Beane facing pivotal year in Oakland

BY Bob Klapisch • February 14, 2011

A’s fans have been teased too many times to think this is the year Billy Beane finally clones that perfect summer of 2001. Still, there’s a steady drum beat of praise from American League officials who say the A’s quietly have turned themselves into a threat — if not to the Red Sox and Rangers, then at least to the Angels, the Yankees and the rest of the wild-card tier.

It’s going to be a pivotal season in Oakland, for two reasons. First, Bud Selig will soon hear, and presumably act on, the findings of a committee investigating the pros and cons of moving the A’s to San Jose. Second, the A’s and Beane himself will learn what Hollywood can do for (or to) their legacies, as Brad Pitt portrays the general manager in the September release of the movie “Moneyball.”

Beane is somewhere between flattered and embarrassed that Pitt was chosen for the role. When asked if makeup artists would attempt to create a likeness to the GM, Beane dryly said, “That would defeat the purpose of (casting) Brad Pitt.”

Beane would much rather talk about the A’s chances in 2011, or how important it is to relocate to a more favorable market with a brand new stadium.

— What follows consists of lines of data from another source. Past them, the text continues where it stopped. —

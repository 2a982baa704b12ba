-- ===== src/Scheduler/Claim.antt =====
-- Scheduler.claim, context, heartbeat and boundary of harness/scheduler/service.py: a worker takes
-- a queued run under a new fencing token, within the limits of the configuration.
use mi_harness.Prelude.{
  ℕ, ◌+◌, String, Bool, false, not, ◌&&◌, ◌||◌, Option, none, some, List, [], ◌∷◌, leb,
  if◌then◌else◌, same, same?, is_some, length, select,
}
use mi_harness.Exec.{
  pure, transaction, new_id, utc_now, after_seconds, ◌>>=◌, ◌>>◌, require, or_raise,
  deadline_exceeded, key_error,
}
use mi_harness.Core.{RunStatus, ExecutionContext}
use mi_harness.Host.{Host}
use mi_harness.Store.Schema.{BranchRow, RunRow, Db}
use mi_harness.Store.Records
use mi_harness.Store.Branches.{branch, set_branch_owner}
use mi_harness.Store.Runs.{runs, RunField, assert_fence, add_attempt, heartbeat}
use mi_harness.Scheduler.Transition.{transition}
use mi_harness.Scheduler.Submit.{SchedulerConfig, in_maintenance}

-- Scheduler.context; a run without an attempt is no context.
unfoldable pub context : RunRow → Db ExecutionContext
context r = do
  b ← branch r.branch_id
  held ← or_raise key_error r.attempt_id
  pure (record {
    owner_id = r.owner_id;
    workspace_id = r.workspace_id;
    session_id = r.session_id;
    branch_id = r.branch_id;
    run_id = r.id;
    root_run_id = r.root_run_id;
    parent_run_id = r.parent_run_id;
    worker_attempt_id = held;
    fencing_token = r.fencing_token;
    graph_thread_key = b.graph_thread_key;
    input_revision = r.input_revision;
    config_snapshot_id = r.snapshot_id;
    deadline_at = r.deadline_at;
    trace_id = r.root_run_id;
  })

-- The owner of the branch is None or the run itself.
abbrev pub is_free_for : RunRow → BranchRow → Bool
is_free_for r b = not (is_some b.active_run_id) || same? b.active_run_id (some r.id)

abbrev is_sibling : RunRow → RunRow → Bool
is_sibling r x = same x.root_run_id r.root_run_id && is_some x.parent_run_id

-- A child waits while as many children of its root run as are allowed at once.
abbrev pub too_many_siblings : SchedulerConfig → List RunRow → RunRow → Bool
too_many_siblings config busy r =
    is_some r.parent_run_id && leb config.child_concurrency (length (select (is_sibling r) busy))

module _ (host : Host) (config : SchedulerConfig) where
  unfoldable pub take_run : String → ℕ → ℕ → RunRow → BranchRow → Db (Option ExecutionContext)
  take_run worker_id pid process_start r b = do
    set_branch_owner b.id b.active_run_id (some r.id)
    fresh ← new_id
    let fence : ℕ = r.fencing_token + 1
    expiry ← after_seconds config.lease_seconds
    add_attempt fresh r.id worker_id pid process_start expiry fence
    started ←
        transition host r RunStatus.running none none
          (RunField.attempt_id (some fresh) ∷ RunField.fencing_token fence ∷ [])
    ctx ← context started
    pure (some ctx)

  -- The loop of Scheduler.claim over the queued runs.
  unfoldable pub claim_from :
      String → ℕ → ℕ → List RunRow → List RunRow → Db (Option ExecutionContext)
  unfolding take_run
  claim_from worker_id pid process_start busy [] = pure none
  claim_from worker_id pid process_start busy (r ∷ rest) =
      let further = claim_from worker_id pid process_start busy rest in
      do
        b ← branch r.branch_id
        if not (is_free_for r b)
            then further
            else if r.cancel_requested
            then (do transition host r RunStatus.cancelled none (some "cancelled") []; further)
            else if too_many_siblings config busy r
            then further
            else take_run worker_id pid process_start r b

  unfoldable pub within_slots : String → ℕ → ℕ → List RunRow → Db (Option ExecutionContext)
  within_slots worker_id pid process_start busy =
      if leb config.worker_slots (length busy) then pure none else (do
        waiting ← runs none (RunStatus.queued ∷ []) none
        claim_from worker_id pid process_start busy waiting)

  -- Scheduler.claim, for the process `pid` that was started at `process_start`.
  unfoldable pub claim : String → ℕ → ℕ → Db (Option ExecutionContext)
  unfolding within_slots
  claim worker_id pid process_start = do
    saved ← Records.get "system" "maintenance"
    if in_maintenance saved
        then pure none
        else transaction (do
          busy ← runs none (RunStatus.running ∷ RunStatus.cancelling ∷ []) none
          within_slots worker_id pid process_start busy)

  -- Scheduler.heartbeat
  unfoldable pub renew_lease : ExecutionContext → Db Unit
  renew_lease ctx = do expiry ← after_seconds config.lease_seconds; heartbeat ctx expiry

abbrev past : Option ℕ → ℕ → Bool
past none now = false
past (some deadline) now = leb deadline now

-- Scheduler.boundary
unfoldable pub boundary : ExecutionContext → Db Unit
boundary ctx = do
  assert_fence ctx false
  now ← utc_now
  require (not (past ctx.deadline_at now)) deadline_exceeded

Construction of a 32,000-seat facility could be ready in as little as three years, if and when Selig and MLB’s owners green-light the move to San Jose. In the meantime, the A’s are stuck in the Coliseum, which fans avoid as if it were diseased: Oakland was 29th in the majors in attendance last year and has failed to draw 2 million fans since 2005.

Small wonder Adrian Beltre told Beane he could keep the three-year, $24 million contract being offered last year, choosing the Red Sox instead. Not one of the A’s executives disagreed when Scott Boras, who represents Beltre, recently told Fox Sports’ Ken Rosenthal, “When teams recruit against the Oakland A’s, they say, ‘Why do you want to play in an empty park?’ It’s not about the organization. It’s not about ownership. It’s about locale.”

Selig’s committee has been bogged down for nearly two years, still unable to answer the most obvious question: Why shouldn’t the A’s be allowed to move? Beane is careful to say, “It’s a complicated decision, so I understand the reason for the deliberation.” In the next breath, however, he repeats what’s on the minds of everyone rooting for the A’s to become perennial powerhouses again: “We need a new venue,” Beane says.

Somehow, though, he’s assembled a blend of young pitchers, modestly impressive run producers like Hideki Matsui, David DeJesus and Coco Crisp, and the West’s best defense in 2010.

The A’s obviously need the starting rotation, which led the AL with a 3.47 ERA last year, to sustain its excellence for another summer — pitching is still Oakland’s most precious commodity. The A’s will need external help, too: Any A’s rebirth will have to be tied to the decline of the Rangers’ pitching without Cliff Lee, to the Yankees’ aging roster and Andy Pettitte’s retirement, and the Angels’ chronic lack of offense.

These are no small assumptions, although Beane says he’s optimistic over his team’s trend line.

“We’re all excited by the foundation we’ve laid with the young pitching,” he said. “It was a lot of fun being active this winter; it’s the part of the job that re-energizes you, the ability to be aggressive and make baseball moves that have an impact.”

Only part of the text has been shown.